=== TASK TO CARRY OUT ===
Reproduce exactly, from the data that follows, the line with "tty_putchar_at c x", the line with "if ltb y (vga_height", and every line that lies between them.

Items from a data source
___
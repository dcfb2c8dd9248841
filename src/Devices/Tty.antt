-- ===== src/Devices/Tty.antt =====
-- The screen of the terminal: kernel/src/devices/tty.c, kernel/include/kernel/tty.h. Rows and columns are
-- words of 32 bits, which the source reads as signed ones where it compares them. The buffer is read
-- and written by index, also outside the screen; an entry has two bytes, so an index counts modulo 2^31.
pub mod Entries
pub mod Cells
pub mod Screen
use ogos.Prelude.{
  ℕ, zero, suc, ◌+◌, ◌-◌, ◌*◌, ◌/◌, ◌%◌, ◌^◌, bit_and, bit_or, Bool, true, false, not, ◌&&◌, ◌||◌,
  ltb, leb, ◌==◌, if◌then◌else◌,
}
use ogos.Prelude.Words.{u8, u16, add32, sub32}
use ogos.Prelude.Bits.{complement}

-- The last state of a sequence of characters that starts with an escape.
pub data State : Type 0 where
  normal bracket params : State

-- The static variables of `tty_interpret_ansi`.
pub record Ansi : Type 0 where
  pub state : State
  pub buf : ℕ → ℕ
  pub args : ℕ → ℕ
  pub current_arg : ℕ
  pub current_index : ℕ
  pub saved_row : ℕ
  pub saved_col : ℕ
  pub saved_color : ℕ
  pub saved_menu_color : ℕ

-- The static variables of tty.c, with the two bytes that the board last got for its cursor.
pub record Tty : Type 0 where
  pub row : ℕ
  pub column : ℕ
  pub color : ℕ
  pub menu_color : ℕ
  pub buffer : ℕ → ℕ
  pub cursor_high : ℕ
  pub cursor_low : ℕ
  pub ansi : Ansi

abbrev pub vga_width : ℕ
vga_width = 80

abbrev pub vga_height : ℕ
vga_height = 25

-- `vga_color`, by number
abbrev pub black : ℕ
black = 0

abbrev pub dark_grey : ℕ
dark_grey = 8

abbrev pub white : ℕ
white = 15

-- `w < 0` and `w >= n` for a word read as a signed one
abbrev pub negative : ℕ → Bool
negative w = leb (2 ^ 31) w

abbrev pub at_least : ℕ → ℕ → Bool
at_least n w = not (negative w) && leb n w

-- ENTRY(x, y)
abbrev pub place : ℕ → ℕ → ℕ
place x y = (y * 80 + x) % 2 ^ 31

abbrev pub write : (ℕ → ℕ) → ℕ → ℕ → ℕ → ℕ
write buffer i v j = if i == j then v else buffer j

abbrev pub put_entry : ℕ → ℕ → ℕ → Tty → Tty
put_entry x y entry t = record t { buffer = write t.buffer (place x y) entry }

pub tty_make_color : ℕ → ℕ → ℕ
tty_make_color fg bg = u8 (bit_or fg (bg * 2 ^ 4))

-- A `char` is signed: it is extended to 16 bits by its sign.
pub tty_make_entry : ℕ → ℕ → ℕ
tty_make_entry c color =
    let c16 = if ltb c 128 then c else c + 0xFF00 in u16 (bit_or c16 (color * 2 ^ 8))

pub tty_get_fg_color : Tty → ℕ
tty_get_fg_color t = bit_and t.color 0x000F

pub tty_get_bg_color : Tty → ℕ
tty_get_bg_color t = t.color / 2 ^ 4

pub tty_set_bg_color : ℕ → Tty → Tty
tty_set_bg_color color t = record t { color = tty_make_color (tty_get_fg_color t) color }

pub tty_set_fg_color : ℕ → Tty → Tty
tty_set_fg_color color t = record t { color = tty_make_color color (tty_get_bg_color t) }

unfoldable pub get_entry : ℕ → ℕ → Tty → ℕ
get_entry x y t = t.buffer (place x y)

-- `entry_struct_t`
pub record EntryInfo : Type 0 where
  pub entry : ℕ
  pub c : ℕ
  pub color : ℕ
  pub color_fg : ℕ
  pub color_bg : ℕ

pub get_entry_info : ℕ → EntryInfo
get_entry_info entry16 = record {
  entry = entry16;
  c = bit_and entry16 0xFF;
  color = u8 (entry16 / 2 ^ 8);
  color_fg = bit_and (entry16 / 2 ^ 8) 0x000F;
  color_bg = u8 (entry16 / 2 ^ 8 / 2 ^ 4);
}

unfoldable pub tty_move_cursor : Tty → Tty
tty_move_cursor t =
    let index = add32 (t.row * 80) t.column in
    record t { cursor_high = u8 (index / 2 ^ 8); cursor_low = u8 index }

unfoldable pub tty_set_cursor : ℕ → ℕ → Tty → Tty
tty_set_cursor row col t = tty_move_cursor (record t { row = row; column = col })

-- `for (; y < VGA_HEIGHT; y++) ENTRY(x, y) = f(ENTRY(x, y));` with n rows to go
pub each_row : (ℕ → ℕ) → ℕ → ℕ → ℕ → (ℕ → ℕ) → ℕ → ℕ
each_row f zero x y buffer = buffer
each_row f (suc n) x y buffer =
    each_row f n x (y + 1) (write buffer (place x y) (f (buffer (place x y))))

-- the same for each column from x on, with m columns to go, each from row y on
pub each_column : (ℕ → ℕ) → ℕ → ℕ → ℕ → (ℕ → ℕ) → ℕ → ℕ
each_column f zero x y buffer = buffer
each_column f (suc m) x y buffer =
    each_column f m (x + 1) y (each_row f (vga_height - y) x y buffer)

pub tty_init : Tty → Tty
tty_init t =
    let entry = tty_make_entry 32 t.color in
    let t1 = tty_set_cursor 0 0 (record t { color = tty_make_color white black }) in
    tty_set_cursor 1 0 (record t1 { buffer = each_column (λ _. entry) vga_width 0 0 t1.buffer })

-- `for (; x < VGA_WIDTH; x++) ENTRY(x, y) = entry;` with n columns to go
pub fill_row : ℕ → ℕ → ℕ → ℕ → (ℕ → ℕ) → ℕ → ℕ
fill_row zero x y entry buffer = buffer
fill_row (suc n) x y entry buffer = fill_row n (x + 1) y entry (write buffer (place x y) entry)

pub tty_menu_clear : Tty → Tty
tty_menu_clear t =
    let menu_color = tty_make_color white black in
    let menu_entry = tty_make_entry 32 menu_color in
    record t { menu_color = menu_color; buffer = fill_row vga_width 0 0 menu_entry t.buffer }

pub tty_setcolor : ℕ → ℕ → Tty → Tty
tty_setcolor fg bg t = record t { color = tty_make_color fg bg }

pub recolor : ℕ → ℕ → ℕ
recolor bg entry =
    let c = bit_and entry 0xFF in
    let fg = bit_and entry 0x0F00 / 2 ^ 8 in tty_make_entry c (tty_make_color fg bg)

pub tty_change_bg_color : ℕ → Tty → Tty
tty_change_bg_color bg t =
    tty_set_bg_color bg (record t { buffer = each_column (recolor bg) vga_width 0 1 t.buffer })

pub tty_clear : Tty → Tty
tty_clear t = tty_menu_clear (tty_change_bg_color dark_grey (tty_init t))

pub tty_set_blink : Bool → Tty → Tty
tty_set_blink blink t = record t {
  color = if blink then bit_or t.color (2 ^ 7) else bit_and t.color (complement 8 (2 ^ 7));
}

unfoldable pub tty_putchar_at : ℕ → ℕ → ℕ → Tty → Tty
tty_putchar_at c x y t =
    if leb vga_height y || leb vga_width x then t else put_entry x y (tty_make_entry c t.color) t

-- One row of `tty_scrolldown`, from column x on, with n columns to go.
pub scroll_row : ℕ → ℕ → ℕ → ℕ → (ℕ → ℕ) → ℕ → ℕ
scroll_row color zero x y buffer = buffer
scroll_row color (suc n) x y buffer =
    let entry =
      if ltb y (vga_height - 1) then buffer (place x (y + 1)) else tty_make_entry 32 color in
    scroll_row color n (x + 1) y (write buffer (place x y) entry)

-- The rows from y on, with m rows to go.
pub scroll_rows : ℕ → ℕ → ℕ → (ℕ → ℕ) → ℕ → ℕ
scroll_rows color zero y buffer = buffer
scroll_rows color (suc m) y buffer =
    scroll_rows color m (y + 1) (scroll_row color vga_width 0 y buffer)

pub tty_scrolldown : Tty → Tty
tty_scrolldown t =
    let t1 = record t { buffer = scroll_rows t.color (vga_height - 1) 1 t.buffer } in
    tty_set_cursor (sub32 t.row 1) t.column t1

-- To the left of the first column the cursor goes to column 78 of the row above.
unfoldable pub step_left : Tty → Tty
step_left t =
    let t1 = tty_set_cursor t.row (sub32 t.column 1) t in
    if negative t1.column then tty_set_cursor (sub32 t1.row 1) 78 t1 else t1

pub tty_arrow : ℕ → Tty → Tty
tty_arrow sc t =
    if sc == 0x4B
    then step_left t
    else if sc == 0x4D
    then tty_set_cursor t.row (add32 t.column 1) t
    else if sc == 0x48
    then tty_set_cursor (sub32 t.row 1) t.column t
    else if sc == 0x50
    then tty_set_cursor (add32 t.row 1) t.column t
    else t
___
=== TASK SOLUTION ===
tty_putchar_at c x y t =
    if leb vga_height y || leb vga_width x then t else put_entry x y (tty_make_entry c t.color) t

-- One row of `tty_scrolldown`, from column x on, with n columns to go.
pub scroll_row : ℕ → ℕ → ℕ → ℕ → (ℕ → ℕ) → ℕ → ℕ
scroll_row color zero x y buffer = buffer
scroll_row color (suc n) x y buffer =
    let entry =
      if ltb y (vga_height - 1) then buffer (place x (y + 1)) else tty_make_entry 32 color in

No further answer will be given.